文摘Objectives: This study was designed to determine the relationship between clopidogrel and early ST-segment resolution(STRes) and the interaction of the two with clinical outcomes after fibrinolysis. Background: ST-segment resolution is an early noninvasive marker of coronary reperfusion. Methods: The CLARITY-TIMI 28(Clopidogrel as Adjunctive Reperfusion Therapy-Thrombolysis in Myocardial Infarction 28) trial randomized 3,491 patients with ST-segment elevation myocardial infarction(STEMI) undergoing fibrinolysis to clopidogrel versus placebo. ST-segment resolution was defined as complete(>70%), partial(30%to 70%), or none(< 30%). Results: Electrocardiograms were valid for interpretation in 2,431 patients at 90 min and 2,087 at 180 min. There was no difference in the rate of complete STRes between the clopidogrel and placebo groups at 90 min(38.4%vs. 36.6%at 90 min). When patients were stratified by STRes category, treatment with clopidogrel resulted in greater benefit among those with evidence of early STRes, with greater odds of an open artery at late angiography in patients with partial(odds ratio[OR] 1.4, p=0.04) or complete(OR 2.0, p< 0.001) STRes, but no improvement in those with no STRes at 90 min(OR 0.89, p=0.48)(p for interaction=0.003).

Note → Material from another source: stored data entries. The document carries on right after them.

-- ===== src/Examples/Runs.antt =====
-- A run of the service on the example bridge.
use opi_nvidia_bridge.Base.{◌∷◌, String, ◌≡◌, refl, pos, false, none, some, [], lookup}
use opi_nvidia_bridge.Api.Messages.{
  Kind, pcie, nvme_subsystem, nvme_controller, nvme_namespace, virtio_blk,
}
use opi_nvidia_bridge.Subsystem.Create.{has_nqn}
use opi_nvidia_bridge.Subsystem.Queries.{update_nvme_subsystem}
use opi_nvidia_bridge.Controller.Queries.{update_nvme_controller}
use opi_nvidia_bridge.Namespace.Queries.{update_nvme_namespace}
use opi_nvidia_bridge.Virtio.Queries.{update_virtio_blk}
use opi_nvidia_bridge.Service.Spec.{View, creates, deletes, Run}
use opi_nvidia_bridge.Service.Refines.{IsName, held, Represents}
use opi_nvidia_bridge.Service.Refines.Runs.{Reachable-Run}
use opi_nvidia_bridge.Service.Refines.Kept.{KeepsFormed, Reachable-KeepsFormed}
use opi_nvidia_bridge.Service.Refines.Pointers.{IsSturdy, Reachable-IsSturdy}
use opi_nvidia_bridge.Service.Unimplemented.{Refused, updates-Reject}
use opi_nvidia_bridge.Api.Requests.{CreateRequest, CreateChildRequest, DeleteRequest}
use opi_nvidia_bridge.Server.{State}
use opi_nvidia_bridge.Subsystem.Create.{create_nvme_subsystem}
use opi_nvidia_bridge.Controller.Create.{create_nvme_controller}
use opi_nvidia_bridge.Controller.Delete.{delete_nvme_controller}
use opi_nvidia_bridge.Virtio.Keyed.{IsKeyed}
use opi_nvidia_bridge.Service.{
  Reachable, start, step, create_subsystem, create_controller, delete_controller,
}
use opi_nvidia_bridge.Service.Named.{IsNamed}
use opi_nvidia_bridge.Service.Sound.{IsSound, Reachable-IsSound}
use opi_nvidia_bridge.Examples.Bridge.{
  bridge, bridge-IsStore, bridge-ClonesFaithfully, bridge-IdsPlain, bridge-NamesApart,
  bridge-DeletesReliably,
}

abbrev empty : State bridge
empty = record {
  server = record { virtio_ctrls = []; nqns = []; pagination = [] };
  db = [];
  device = tt;
  entropy = tt;
  calls = [];
}

abbrev subsystem_creation : CreateRequest nvme_subsystem
subsystem_creation = record {
  resource = some (record {
    name = "";
    spec =
        some (record { nqn = "nqn.2022-09.io.spdk:opi3"; serial_number = ""; model_number = "" });
    status = none;
  });
  resource_id = "subsystem-test";
}

abbrev controller_creation : CreateChildRequest nvme_controller
controller_creation = record {
  parent = "Subsystems/subsystem-test";
  resource = some (record {
    name = "";
    spec = some (record {
      trtype = pcie;
      pcie_id =
          some
            (record { physical_function = some (pos 1); virtual_function = none; port_id = none });
      nvme_controller_id = none;
    });
    status = none;
  });
  resource_id = "ctrl-test";
}

abbrev controller_deletion : DeleteRequest
controller_deletion = record {
  name = "Controllers/subsystem-test/ctrl-test";
  allow_missing = false;
}

abbrev last : State bridge
last =
    let s = (create_nvme_subsystem bridge subsystem_creation empty).1 in
    let t = (create_nvme_controller bridge controller_creation s).1 in
    (delete_nvme_controller bridge controller_deletion t).1

abbrev run : Reachable bridge empty last
run =
    step
      (step (step start (create_subsystem subsystem_creation))
        (create_controller controller_creation))
      (delete_controller controller_deletion ("subsystem-test", refl) "ctrl-test" refl)

empty-IsSound : IsSound bridge empty
unfolding lookup IsNamed IsKeyed
empty-IsSound = record {
  registry = record {
    named = λ id v e. absurd (cc e);
    specified = λ id v e p. absurd (cc e);
    registered = λ id v sp e p. absurd (cc e);
    unique = λ id id' v v' sp sp' e e' p p' q. absurd (cc e);
  };
  controllers = λ i j m e. absurd (cc e);
  namespaces = λ i j m e. absurd (cc e);
  blks = λ key blk e. absurd (cc e);
}

Reachable-IsSound_example : IsSound bridge last
Reachable-IsSound_example =
    Reachable-IsSound bridge bridge-IsStore bridge-ClonesFaithfully bridge-IdsPlain
      bridge-NamesApart bridge-DeletesReliably run empty-IsSound

abbrev nothing : View
nothing = record { objects = λ k name. none; registered = λ nqn. false }

empty_held : (k : Kind) (name : String) → held bridge empty k name ≡ none
unfolding lookup
empty_held nvme_subsystem name = refl
empty_held nvme_controller name = refl
empty_held nvme_namespace name = refl
empty_held virtio_blk name = refl

empty-Represents : Represents bridge empty nothing
unfolding has_nqn
empty-Represents = record {
  objects = λ k name i. empty_held k name;
  sound = λ k name m i e. absurd (cc e);
  registered = λ nqn. refl;
}

Reachable-Run_example :
    (v : View) × Run
      (IsName bridge)
      nothing
      (deletes nvme_controller "Controllers/subsystem-test/ctrl-test"
        ∷ creates nvme_controller
        ∷ creates nvme_subsystem
        ∷ [])
      v
    × Represents bridge last v
Reachable-Run_example =
    Reachable-Run bridge bridge-IsStore bridge-ClonesFaithfully bridge-IdsPlain bridge-NamesApart
      nothing empty-Represents run

Reachable-KeepsFormed_example : KeepsFormed bridge last
Reachable-KeepsFormed_example =
    Reachable-KeepsFormed bridge bridge-IsStore bridge-ClonesFaithfully bridge-IdsPlain
      bridge-NamesApart nothing empty-Represents run

Reachable-IsSturdy_example : IsSturdy bridge last ("subsystem-test", refl) "ctrl-test" "other" false
Reachable-IsSturdy_example =
    Reachable-IsSturdy bridge bridge-IsStore bridge-ClonesFaithfully bridge-IdsPlain
      bridge-NamesApart nothing empty-Represents run ("subsystem-test", refl) "ctrl-test" "other"
      false

updates-Reject_example :
    Refused bridge bridge-IsStore last
      (update_nvme_subsystem bridge)
      "UpdateNvmeSubsystem method is not implemented"
    × Refused bridge bridge-IsStore last
        (update_nvme_controller bridge)
        "UpdateNvmeController method is not implemented"
    × Refused bridge bridge-IsStore last
        (update_nvme_namespace bridge)
        "UpdateNvmeNamespace method is not implemented"
    × Refused bridge bridge-IsStore last
        (update_virtio_blk bridge)
        "UpdateVirtioBlk method is not implemented"
updates-Reject_example = updates-Reject bridge bridge-IsStore last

Clopidogrel was also associated with a significant reduction in the odds of an in-hospital death or myocardial infarction in patients who achieved partial(OR 0.30, p=0.003) or complete STRes at 90 min(OR 0.49, p=0.056), whereas clinical benefit was not apparent in patients who had no STRes(OR 0.98, p=0.95)(p for interaction=0.027). By 30 days, the clinical benefit of clopidogrel was predominately seen in patients with complete STRes. Conclusions: Clopidogrel appears to improve late coronary patency and clinical outcomes by preventing reocclusion of open arteries rather than by facilitating early reperfusion.